2. Need for Corporate Governance
Growing Number of Scams : In recent years, many scams, frauds and corrupt
practices have taken place. Misuse and misappropriation of public money are
happening everyday in India and worldwide. It is happening in the stock market,
banks, financial institutions, companies and government offices. In order to avoid
these scams and financial irregularities, many companies have started corporate
governance.
Indifference on the part of Shareholders : In general, shareholders are
inactive in the management of their companies. They only attend the Annual
general meeting. Postal ballot is still absent in India. Proxies are not allowed to
speak in the meetings. Shareholders associations are not strong. Therefore,
directors misuse their power for their own benefits. So, there is a need for
corporate governance to protect all the stakeholders of the company.
Globalisation : Today most big companies are selling their goods in the global
market. So, they have to attract foreign investor and foreign customers. They
also have to follow foreign rules and regulations. All this requires corporate
governance. Without Corporate governance, it is impossible to enter, survive and
succeed the global market.
Takeovers and Mergers : Today, there are many takeovers and mergers in
the business world. Corporate governance is required to protect the interest of all
the parties during takeovers and mergers.

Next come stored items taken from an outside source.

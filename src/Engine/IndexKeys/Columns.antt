-- ===== src/Engine/IndexKeys/Columns.antt =====
-- The columns of an index key compare one after the other, with NULL before all values.
use repodb.Base.{
  some_injective, some_ne_none, ◌≡◌, refl, sym, ap, ap₂, ◌∙◌, Ordering, Bool, true, false, Option,
  none, some, List, [], ◌∷◌, ◌++◌, append_assoc, append-nil, map, arith, All, Option-cases, inl,
  inr,
}
use repodb.Bytes.{Bytes, compare_bytes}
use repodb.Bytes.Order.{compare_bytes-append}
use repodb.Bytes.Compare.{then_compare}
use repodb.Engine.KeyCodec.Column.{ColumnType, KeyValue}
use repodb.Engine.KeyCodec.Column.Meaning.{compare_values, IsWord}
use repodb.Engine.KeyCodec.Column.Order.{append_key_column-order}
use repodb.Engine.KeyCodec.Column.Extends.{Extends, HasBytes, append_key_column-Extends}
use repodb.Engine.IndexKeys.{Column, null_marker, append_value, append_columns}

-- A value as the key encoding takes it: of the width of its type, strings of bytes.
pub record IsKeyValue (v : KeyValue) : Type 0 where
  pub word : IsWord v
  pub bytes : HasBytes v

abbrev pub IsColumnValue : Option KeyValue → Type 0
IsColumnValue none = Unit {0}
IsColumnValue (some v) = IsKeyValue v

-- How a value compares to one that is not NULL.
abbrev pub compare_to : ColumnType → Option KeyValue → KeyValue → Ordering
compare_to type none w = Ordering.lt
compare_to type (some v) w = compare_values type v w

marker-Extends :
    (dst : Bytes) (nullable : Bool) (a : Bytes)
    → Extends (null_marker dst nullable 1) a
    → Extends dst a
marker-Extends dst true a (e, same, b) =
    (1 ∷ e, same ∙ append_assoc dst (1 ∷ []) e, (omega arith, b))
marker-Extends dst false a x = x

pub append_value-Extends :
    (nullable : Bool) (dst a : Bytes) (type : ColumnType) (v : Option KeyValue)
    → IsColumnValue v
    → append_value nullable dst type v ≡ some a
    → Extends dst a
append_value-Extends true dst a type none h e = (0 ∷ [], sym (some_injective e), (omega arith, tt))
append_value-Extends false dst a type none h e = absurd (ground (arith, e))
append_value-Extends nullable dst a type (some v) h e =
    marker-Extends dst nullable a
      (append_key_column-Extends (null_marker dst nullable 1) a type v h.bytes e)

-- A NULL before a value.
null_first :
    (dst b x y : Bytes)
    → Extends (dst ++ 1 ∷ []) b
    → compare_bytes ((dst ++ 0 ∷ []) ++ x) (b ++ y) ≡ Ordering.lt
null_first dst b x y (e, same, _) =
    ap (λ c. compare_bytes ((dst ++ 0 ∷ []) ++ x) (c ++ y)) (same ∙ append_assoc dst (1 ∷ []) e)
    ∙ ap₂ compare_bytes (append_assoc dst (0 ∷ []) x) (append_assoc dst (1 ∷ e) y)
    ∙ compare_bytes-append dst (0 ∷ x) (1 ∷ (e ++ y))
    ∙ unfold compare_bytes in refl

-- Behind the same columns, two keys compare like the values of a column, and then what follows.
pub append_value-order :
    (nullable : Bool) (dst a b x y : Bytes) (type : ColumnType) (v : Option KeyValue) (w : KeyValue)
    → IsColumnValue v
    → IsKeyValue w
    → append_value nullable dst type v ≡ some a
    → append_value nullable dst type (some w) ≡ some b
    → compare_bytes (a ++ x) (b ++ y) ≡ then_compare (compare_to type v w) (compare_bytes x y)
append_value-order true dst a b x y type none w h k ea eb =
    ap (λ c. compare_bytes (c ++ x) (b ++ y)) (sym (some_injective ea))
    ∙ null_first dst b x y (append_key_column-Extends (dst ++ 1 ∷ []) b type w k.bytes eb)
append_value-order false dst a b x y type none w h k ea eb = absurd (ground (arith, ea))
append_value-order nullable dst a b x y type (some v) w h k ea eb =
    append_key_column-order type v w (null_marker dst nullable 1) a b x y h.word k.word ea eb

-- The columns of an index or a primary key, as the key encoding takes them.
abbrev pub IsColumns : List Column → Type 0
IsColumns columns = All (λ (c : Column). IsColumnValue c.value) columns

abbrev pub types_of : List Column → List ColumnType
types_of columns = map (λ (c : Column). c.type) columns

pub first_column :
    (nullable : Bool) (dst out : Bytes) (c : Column) (columns : List Column)
    → append_columns nullable dst (c ∷ columns) ≡ some out
    → (a : Bytes) × (append_value nullable dst c.type c.value ≡ some a)
      × (append_columns nullable a columns ≡ some out)
unfolding append_columns
first_column nullable dst out c columns h =
    elim (Option-cases (append_value nullable dst c.type c.value)) [
      | inl fails ↦ absurd (some_ne_none (sym (rw (append_columns, fails) at h)))
      | inr (a, e) ↦ (a, e, rw (append_columns, e) at h)
    ]

pub append_columns-front :
    (nullable : Bool) (dst out : Bytes) (columns : List Column)
    → IsColumns columns
    → append_columns nullable dst columns ≡ some out
    → (e : Bytes) × (out ≡ dst ++ e)
append_columns-front nullable dst out [] ok h =
    let same : out ≡ dst = sym (some_injective {a = dst} {b = out} (unfold append_columns in h)) in
    ([], same ∙ sym (append-nil dst))
append_columns-front nullable dst out (c ∷ columns) ok h =
    let (a, e, later) = first_column nullable dst out c columns h in
    let (t, same) = append_columns-front nullable a out columns ok.1 later in
    let (u, same', _) = append_value-Extends nullable dst a c.type c.value ok.0 e in
    (u ++ t, same ∙ ap (λ b. b ++ t) same' ∙ append_assoc dst u t)
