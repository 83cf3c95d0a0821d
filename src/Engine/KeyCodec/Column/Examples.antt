-- ===== src/Engine/KeyCodec/Column/Examples.antt =====
-- Key columns of a few values.
use repodb.Base.{◌-◌, ◌^◌, ◌≡◌, refl, some, none, [], ◌∷◌, ◌++◌, arith}
use repodb.Bytes.{compare_bytes}
use repodb.Bytes.BigEndian.{big_endian}
use repodb.Bytes.Compare.{then_compare}
use repodb.Engine.RowCodec.Values.{w8, w64}
use repodb.Engine.KeyCodec.Column.{
  signed, float, int_value, float_value, signed_value, append_key_column, trim_right,
}
use repodb.Engine.KeyCodec.Column.Meaning.{compare_values, IsWord}
use repodb.Engine.KeyCodec.Column.Order.{append_key_column-order}

-- -1, as a byte.
minus_one_key :
    append_key_column [] signed (int_value w8 255)
    ≡ some (127 ∷ 255 ∷ 255 ∷ 255 ∷ 255 ∷ 255 ∷ 255 ∷ 255 ∷ [])
unfolding append_key_column signed_value big_endian
minus_one_key = refl

five_key :
    append_key_column [] signed (int_value w64 5) ≡ some (128 ∷ 0 ∷ 0 ∷ 0 ∷ 0 ∷ 0 ∷ 0 ∷ 5 ∷ [])
unfolding append_key_column signed_value big_endian
five_key = refl

-- The quiet NaN has no key.
nan_key : append_key_column [] float (float_value 0x7FF8000000000000) ≡ none
unfolding append_key_column
nan_key = refl

trimmed : trim_right (b'a' ∷ b' ' ∷ b'b' ∷ b' ' ∷ b' ' ∷ []) ≡ b'a' ∷ b' ' ∷ b'b' ∷ []
unfolding trim_right
trimmed = refl

-- -1 of 64 bits has the same key.
narrow_key :
    append_key_column [] signed (int_value w8 255)
    ≡ append_key_column [] signed (int_value w64 (2 ^ 64 - 1))
unfolding append_key_column signed_value
narrow_key = refl

minus_one-IsWord : IsWord (int_value w8 255)
minus_one-IsWord = omega arith

five-IsWord : IsWord (int_value w64 5)
five-IsWord = omega arith

append_key_column-order_example :
    compare_bytes
      ((127 ∷ 255 ∷ 255 ∷ 255 ∷ 255 ∷ 255 ∷ 255 ∷ 255 ∷ []) ++ 9 ∷ [])
      ((128 ∷ 0 ∷ 0 ∷ 0 ∷ 0 ∷ 0 ∷ 0 ∷ 5 ∷ []) ++ [])
    ≡ then_compare
        (compare_values signed (int_value w8 255) (int_value w64 5))
        (compare_bytes (9 ∷ []) [])
append_key_column-order_example =
    append_key_column-order signed (int_value w8 255) (int_value w64 5) [] _ _ (9 ∷ []) []
      minus_one-IsWord five-IsWord minus_one_key five_key
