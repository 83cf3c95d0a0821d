-- ===== src/Engine/KeyCodec/Examples.antt =====
-- Escaped keys and prefix ends on small inputs.
use repodb.Base.{◌≡◌, refl, none, some, [], ◌∷◌, ◌++◌, ◌&&◌, arith, All}
use repodb.Bytes.{Bytes, compare_bytes, at_least}
use repodb.Engine.KeyCodec.{escape, append_escaped, key_prefix_end}
use repodb.Engine.KeyCodec.Escape.{
  compare-append_escaped, key_prefix_end_lem, before_end, has_prefix, IsByte,
}
use repodb.Bytes.Compare.{then_compare}

-- A zero byte in the middle.
abbrev with_zero : Bytes
with_zero = b'a' ∷ 0 ∷ b'b' ∷ []

zero_is_escaped : append_escaped [] with_zero ≡ b'a' ∷ 0 ∷ 255 ∷ b'b' ∷ 0 ∷ 1 ∷ []
unfolding append_escaped escape
zero_is_escaped = refl

all_ones_are_dropped : key_prefix_end (7 ∷ 255 ∷ 255 ∷ []) ≡ some (8 ∷ [])
unfolding key_prefix_end
all_ones_are_dropped = refl

no_end : key_prefix_end (255 ∷ 255 ∷ []) ≡ none
unfolding key_prefix_end
no_end = refl

bytes : All IsByte (7 ∷ 255 ∷ 255 ∷ 3 ∷ [])
bytes = omega arith

prefix_bytes : All IsByte (7 ∷ 255 ∷ 255 ∷ [])
prefix_bytes = omega arith

compare-append_escaped_example :
    compare_bytes
      (append_escaped (4 ∷ []) with_zero ++ 9 ∷ [])
      (append_escaped (4 ∷ []) (b'a' ∷ []) ++ [])
    ≡ then_compare (compare_bytes with_zero (b'a' ∷ [])) (compare_bytes (9 ∷ []) [])
compare-append_escaped_example = compare-append_escaped (4 ∷ []) with_zero (b'a' ∷ []) (9 ∷ []) []

key_prefix_end_lem_example :
    (at_least (7 ∷ 255 ∷ 255 ∷ 3 ∷ []) (7 ∷ 255 ∷ 255 ∷ [])
      && before_end (key_prefix_end (7 ∷ 255 ∷ 255 ∷ [])) (7 ∷ 255 ∷ 255 ∷ 3 ∷ []))
    ≡ has_prefix (7 ∷ 255 ∷ 255 ∷ []) (7 ∷ 255 ∷ 255 ∷ 3 ∷ [])
key_prefix_end_lem_example =
    key_prefix_end_lem (7 ∷ 255 ∷ 255 ∷ []) (7 ∷ 255 ∷ 255 ∷ 3 ∷ []) prefix_bytes bytes
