-- ===== src/Prolly.antt =====
-- common/prolly: the content-addressed tree. Its items.
pub mod Varint
pub mod Hex
pub mod Codec
pub mod Chunk
pub mod Tree
use repodb.Base.{Bool}
use repodb.Bytes.{Bytes}

-- `Entry` of common/prolly/tree.go
pub record Entry : Type 0 where
  pub key : Bytes
  pub value : Bytes

abbrev pub entry_key : Entry → Bytes
entry_key e = e.key

-- `Edit` of common/prolly/tree.go
pub record Edit : Type 0 where
  pub key : Bytes
  pub value : Bytes
  pub delete : Bool
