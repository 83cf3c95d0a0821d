-- ===== src/Engine/MergeRows.antt =====
-- engine/merge.go: the three-way merge of one table's rows. A cursor is the list of the entries that
-- its iterator has not passed; reads of the trees are taken to succeed.
pub mod Symmetry
pub mod Cursors
pub mod Spec
pub mod Step
pub mod Pointwise
pub mod Disjoint
pub mod FastForward
mod Examples
use repodb.Base.{
  ℕ, zero, suc, ◌+◌, Bool, true, false, Option, none, some, List, [], ◌∷◌, ◌++◌, if◌then◌else◌,
}
use repodb.Bytes.{Bytes, compare_bytes, equal_bytes, below}
use repodb.Bytes.Assoc.{Assoc, lookup}
use repodb.Prolly.{Entry}
use repodb.Engine.Base64.{raw_url, raw_std}

-- `Resolution`; a text that is none of the four stays as it is.
pub data Resolution : Type 0 where
  take_base take_local take_remote take_delete : Resolution
  other : Bytes → Resolution

-- A value with its presence flag: `none` is (nil, false).
abbrev pub Cell : Type 0
Cell = Option Bytes

-- `MergeConflict` of a row.
pub record RowConflict : Type 0 where
  pub id : Bytes
  pub table : Bytes
  pub key : Bytes
  pub base : Cell
  pub local : Cell
  pub remote : Cell

-- `sameValue`
pub same_value : Cell → Cell → Bool
same_value none none = true
same_value none (some b) = false
same_value (some a) none = false
same_value (some a) (some b) = equal_bytes a b

-- "row:" and ":"
abbrev row_prefix : Bytes
row_prefix = b'r' ∷ b'o' ∷ b'w' ∷ b':' ∷ []

-- `"row:" + table + ":" + base64.RawURLEncoding.EncodeToString(key)`
pub row_id : Bytes → Bytes → Bytes
row_id table key = row_prefix ++ (table ++ (b':' ∷ raw_url key))

-- What the merge does with one key.
pub data Decision : Type 0 where
  take : Cell → Decision
  conflict : Decision
  invalid : Bytes → Decision

abbrev pub resolve : Option Resolution → Cell → Cell → Cell → Decision
resolve none b l r = conflict
resolve (some take_base) b l r = take b
resolve (some take_local) b l r = take l
resolve (some take_remote) b l r = take r
resolve (some take_delete) b l r = take none
resolve (some (other text)) b l r = invalid text

-- The `switch` of `mergeRows`.
pub decide : Option Resolution → Cell → Cell → Cell → Decision
decide resolution b l r =
    if same_value l r
    then take l
    else if same_value l b
    then take r
    else if same_value r b
    then take l
    else resolve resolution b l r

-- The loop over the cursors that finds the least key.
abbrev pub least_key : Option Bytes → List Entry → Option Bytes
least_key key [] = key
least_key none (e ∷ cursor) = some e.key
least_key (some key) (e ∷ cursor) = if below e.key key then some e.key else some key

-- The cell of a cursor at the key, and the cursor behind it.
abbrev pub cell_at : Bytes → List Entry → Cell
cell_at key [] = none
cell_at key (e ∷ cursor) = if equal_bytes e.key key then some e.value else none

abbrev pub behind : Bytes → List Entry → List Entry
behind key [] = []
behind key (e ∷ cursor) = if equal_bytes e.key key then cursor else e ∷ cursor

-- `failed_emit` and `invalid_resolution` are errors; `stuck` is no Go value: the fuel ran out.
pub data Merged (S : Type 0) : Type 0 where
  merged : List RowConflict → S → Merged S
  failed_emit : Merged S
  invalid_resolution : Bytes → Merged S
  stuck : Merged S

module _ {S : Type 0} (emit : S → Entry → Option S) (table : Bytes)
    (resolutions : Assoc Resolution) where
  abbrev pub row_conflict : Bytes → Cell → Cell → Cell → RowConflict
  row_conflict key b l r = record {
    id = row_id table key;
    table = table;
    key = raw_std key;
    base = b;
    local = l;
    remote = r;
  }

  -- `if selected { emit(...) }`
  abbrev pub emit_cell : S → Bytes → Cell → Option S
  emit_cell s key none = some s
  emit_cell s key (some value) = emit s (record { key = key; value = value })

  -- The loop of `mergeRows`: each round takes the least key off the cursors.
  pub merge_loop : ℕ → List Entry → List Entry → List Entry → List RowConflict → S → Merged S
  merge_loop zero b l r conflicts s = stuck
  merge_loop (suc fuel) b l r conflicts s = elim (least_key (least_key (least_key none b) l) r) [
    | none ↦ merged conflicts s
    | some key ↦
        let rest = merge_loop fuel (behind key b) (behind key l) (behind key r) in
        elim (decide (lookup (row_id table key) resolutions) (cell_at key b) (cell_at key l)
          (cell_at key r)) [
            | take cell ↦ elim (emit_cell s key cell) [
              | none ↦ failed_emit
              | some s' ↦ rest conflicts s'
            ]
            | conflict ↦
                rest
                  (conflicts
                    ++ row_conflict key (cell_at key b) (cell_at key l) (cell_at key r) ∷ [])
                  s
            | invalid text ↦ invalid_resolution text
          ]
  ]
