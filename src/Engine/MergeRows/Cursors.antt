-- ===== src/Engine/MergeRows/Cursors.antt =====
-- The cursors of the row merge: the cell of each key before and after a round, and the least key.
use repodb.Base.{
  ◌+◌, ◌≤◌, ◌<◌, ◌≡◌, ◌≢◌, refl, Ordering, Option, none, some, List, [], ◌∷◌, arith, if◌then◌else◌,
  length, Bool-cases, inl, inr, ◌⊎◌,
}
use repodb.Bytes.{Bytes, compare_bytes, equal_bytes, below}
use repodb.Bytes.Order.{compare_bytes_refl, eq_of_compare, lt_trans, gt_of_lt, lt_of_gt}
use repodb.Bytes.Sorted.{Above, Sorted, find, find-Above, Above-weaken}
use repodb.Prolly.{Entry, entry_key}
use repodb.Engine.MergeRows.{Cell, least_key, cell_at, behind}

-- The cell of a key in a sorted list of entries.
abbrev pub cell_of : Option Entry → Cell
cell_of none = none
cell_of (some e) = some e.value

abbrev pub cell : Bytes → List Entry → Cell
cell k xs = cell_of (find entry_key k xs)

-- No entry is below the key.
abbrev pub From : Bytes → List Entry → Type 0
From k [] = Unit
From k (e ∷ xs) = compare_bytes e.key k ≢ Ordering.lt

pub cell-behind :
    (k j : Bytes) (xs : List Entry)
    → Sorted entry_key xs
    → From k xs
    → cell j xs ≡ (if equal_bytes k j then cell_at k xs else cell j (behind k xs))
unfolding find
cell-behind k j [] s f = ground arith
cell-behind k j (e ∷ xs) s f = ground (
  arith,
  eq_of_compare e.key k,
  eq_of_compare e.key j,
  eq_of_compare k j,
  compare_bytes_refl j,
  lt_of_gt e.key k,
  find-Above entry_key e.key j xs s.0,
  gt_of_lt j e.key,
  f,
)

pub behind-Sorted :
    (k : Bytes) (xs : List Entry) → Sorted entry_key xs → Sorted entry_key (behind k xs)
behind-Sorted k [] s = tt
behind-Sorted k (e ∷ xs) s = ground (arith, s.1)

pub behind-Above :
    (k : Bytes) (xs : List Entry)
    → Sorted entry_key xs
    → From k xs
    → Above entry_key k (behind k xs)
behind-Above k [] s f = tt
behind-Above k (e ∷ xs) s f = elim (Bool-cases (equal_bytes e.key k)) [
  | inl t ↦ rw t (
      Above-weaken entry_key k e.key xs
        (ground (arith, eq_of_compare e.key k, compare_bytes_refl k)) s.0)
  | inr t ↦ rw t (
      let lt : compare_bytes k e.key ≡ Ordering.lt = ground (arith, lt_of_gt e.key k, f) in
      (lt, Above-weaken entry_key k e.key xs (λ h. cc) s.0))
]

pub length-behind : (k : Bytes) (xs : List Entry) → length (behind k xs) ≤ length xs
length-behind k [] = omega arith
length-behind k (e ∷ xs) = ground arith

pub length-behind_cell :
    (k : Bytes) (xs : List Entry) → cell_at k xs ≢ none → length (behind k xs) < length xs
length-behind_cell k [] h = absurd (h refl)
length-behind_cell k (e ∷ xs) h = ground (arith, h)

abbrev pub OptionFrom : Bytes → Option Bytes → Type 0
OptionFrom k none = Unit
OptionFrom k (some j) = compare_bytes j k ≢ Ordering.lt

-- What the least key is not below is below no cursor.
least-From :
    (o : Option Bytes) (k : Bytes) (xs : List Entry)
    → OptionFrom k (least_key o xs)
    → From k xs × OptionFrom k o
least-From none k [] h = (tt, tt)
least-From (some i) k [] h = (tt, h)
least-From none k (e ∷ xs) h = (h, tt)
least-From (some i) k (e ∷ xs) h = elim (Bool-cases (below e.key i)) [
  | inl t ↦
      let f : compare_bytes e.key k ≢ Ordering.lt = rw t at h in
      (f, ground (arith, t, f, lt_trans e.key i k))
  | inr t ↦
      let f : compare_bytes i k ≢ Ordering.lt = rw t at h in
      (ground (arith, t, f, lt_of_gt e.key i, lt_trans i e.key k, eq_of_compare e.key i), f)
]

least_present :
    (o : Option Bytes) (k : Bytes) (xs : List Entry)
    → least_key o xs ≡ some k
    → (o ≡ some k) ⊎ (cell_at k xs ≢ none)
least_present none k [] h = absurd (cc h)
least_present (some i) k [] h = inl h
least_present none k (e ∷ xs) h = inr (ground (arith, h, compare_bytes_refl k))
least_present (some i) k (e ∷ xs) h = elim (Bool-cases (below e.key i)) [
  | inl t ↦ inr (ground (arith, h, t, compare_bytes_refl k))
  | inr t ↦ inl (ground (arith, h, t))
]

present_lower :
    (j k : Bytes) (xs : List Entry)
    → cell_at k xs ≢ none
    → Above entry_key j xs
    → compare_bytes j k ≡ Ordering.lt
present_lower j k [] h a = absurd (h refl)
present_lower j k (e ∷ xs) h a = ground (arith, h, a.0, eq_of_compare e.key k)

pub behind-Above_of :
    (j k : Bytes) (xs : List Entry) → Above entry_key j xs → Above entry_key j (behind k xs)
behind-Above_of j k [] a = tt
behind-Above_of j k (e ∷ xs) a = ground (arith, a.0, a.1)

pub least_none :
    (o : Option Bytes) (xs : List Entry) → least_key o xs ≡ none → (o ≡ none) × (xs ≡ [])
least_none none [] h = (refl, refl)
least_none (some i) [] h = cc
least_none none (e ∷ xs) h = cc
least_none (some i) (e ∷ xs) h = ground (arith, h)

-- One round: no cursor stands below the key, and one at least moves on.
pub record Round (k : Bytes) (b l r : List Entry) : Type 0 where
  pub base : From k b
  pub local : From k l
  pub remote : From k r
  pub lower :
      (j : Bytes)
      → Above entry_key j b
      → Above entry_key j l
      → Above entry_key j r
      → compare_bytes j k ≡ Ordering.lt
  pub progress :
      length (behind k b) + length (behind k l) + length (behind k r)
      < length b + length l + length r

module _ (b l r : List Entry) (k : Bytes)
    (h : least_key (least_key (least_key none b) l) r ≡ some k) where
  step_progress :
      length (behind k b) + length (behind k l) + length (behind k r)
      < length b + length l + length r
  step_progress = elim (least_present (least_key (least_key none b) l) k r h) [
    | inr p ↦ omega (arith, length-behind_cell k r p, length-behind k b, length-behind k l)
    | inl e ↦ elim (least_present (least_key none b) k l e) [
      | inr p ↦ omega (arith, length-behind_cell k l p, length-behind k b, length-behind k r)
      | inl e' ↦ elim (least_present none k b e') [
        | inr p ↦ omega (arith, length-behind_cell k b p, length-behind k l, length-behind k r)
        | inl e'' ↦ absurd (cc e'')
      ]
    ]
  ]

  step_lower :
      (j : Bytes)
      → Above entry_key j b
      → Above entry_key j l
      → Above entry_key j r
      → compare_bytes j k ≡ Ordering.lt
  step_lower j ab al ar = elim (least_present (least_key (least_key none b) l) k r h) [
    | inr p ↦ present_lower j k r p ar
    | inl e ↦ elim (least_present (least_key none b) k l e) [
      | inr p ↦ present_lower j k l p al
      | inl e' ↦ elim (least_present none k b e') [
        | inr p ↦ present_lower j k b p ab
        | inl e'' ↦ absurd (cc e'')
      ]
    ]
  ]

  pub least_key-Round : Round k b l r
  least_key-Round =
      let least : OptionFrom k (least_key (least_key (least_key none b) l) r) =
        rw h (λ e. cc (compare_bytes_refl k)) in
      let (fr, upper) = least-From (least_key (least_key none b) l) k r least in
      let (fl, lower) = least-From (least_key none b) k l upper in
      let (fb, _) = least-From none k b lower in
      record { base = fb; local = fl; remote = fr; lower = step_lower; progress = step_progress }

SEBI : SEBI has made corporate governance compulsory for certain companies.
This is done to protect the interest of the investors and other stakeholders.
3. In today's scenario there is a need for strict and
transparent governance to facilitate growth,
stability and profitability in business.
4. To that effect, starting October 1, 2017 Securities
and Exchange Board of India's (SEBI) new
regulations will require companies to get
shareholders approval for related party
transactions, established whistleblower
mechanisms, elaborate disclosures on pay
packages and have at least one woman director
on their boards.
5. Examples of related parties are:
Affiliates.
Other subsidiaries under common control.
Owners of the business, its managers, and their
families.
6. Auditors clear Infosys of alleged violations of
corporate governance By Agencies | Jun 24,
2017 12:06 am
-Auditors have concluded investigating various
allegations of violation of corporate governance at
Infosys Ltd, made by a whistleblower, and have
found no evidence of wrong doing, the company
said in a release on Friday.
7. -In February, a whistleblower had written to the
Securities and Exchange Board of India alleging
Infosys violated the securities law on severance
payment made to former chief financial officer
Rajiv Bansal. The letter also made several other
allegations, including mis-dealings in the $200-
mn acquisition of Israeli company, Panaya, which
provides cloud-based management services.
8.
SEBI Chairman Ajay Tyagi on Monday said that
the SEBI-appointed Uday Kotak headed panel
will also examine the corporate governance
related issues of listed public sector enterprises.
Kotak, the panel comprises 20 members
including representatives of corporate India, stock
exchanges, professional bodies, investor groups,
chambers of commerce, law firms, academicians
and research professionals.
9.
10. Listed public sector enterprises are now keen
that the minimum number of independent
directors in their boards be reduced from the
current 50 per cent norm
Tyagi told reporters that SEBI will in next one
month come out with a discussion paper on credit
rating agencies.
"We are not happy with the current state of affairs
of rating agencies," he said.
12. CII is a non-government, not-for-profit, industry-
led and industry-managed organization, playing a
proactive role in India's development process.
13. A whistleblower (also written as whistle-blower
or whistle blower) is a person who exposes any
kind of information or activity that is deemed
illegal, unethical, or not correct within an
organization that is either private or public. ..
14. The collapse of international giants likes Enron,
World Com of the US and Xerox of Japan are
said to be due to the absence of good corporate
governance and corrupt practices adopted by
management of these companies and their
financial consulting firms.
15. Importance of Corporate
Governance:
Investors and shareholders of a corporate
company need protection for their investment due
to lack of adequate standards of financial
reporting and accountability.
Corporate governance is considered as an
important means for paying heed to investors’
grievances. Kumar Manglam Birla Committee on
corporate governance found that companies were
not paying adequate attention to the timely
dissemination of required information to investors
in by India.
16. The extent to which corporate enterprises
observe the basic principles of good corporate
governance has now become an important factor
for attracting foreign investment
Indispensable for healthy and vibrant stock
market. An important advantage of strong
corporate governance is that it is indispensable
for a vibrant stock market. A healthy stock market
is an important instrument for investors protection
17. Benefits of Corporate Governance
Good corporate governance ensures corporate success
and economic growth.
Strong corporate governance maintains investors’
confidence, as a result of which, company can raise capital
efficiently and effectively.
It lowers the capital cost.
There is a positive impact on the share price.
It provides proper inducement to the owners as well as
managers to achieve objectives that are in interests of the
shareholders and the organization.
Good corporate governance also minimizes wastages,
corruption, risks and mismanagement.
It helps in brand formation and development.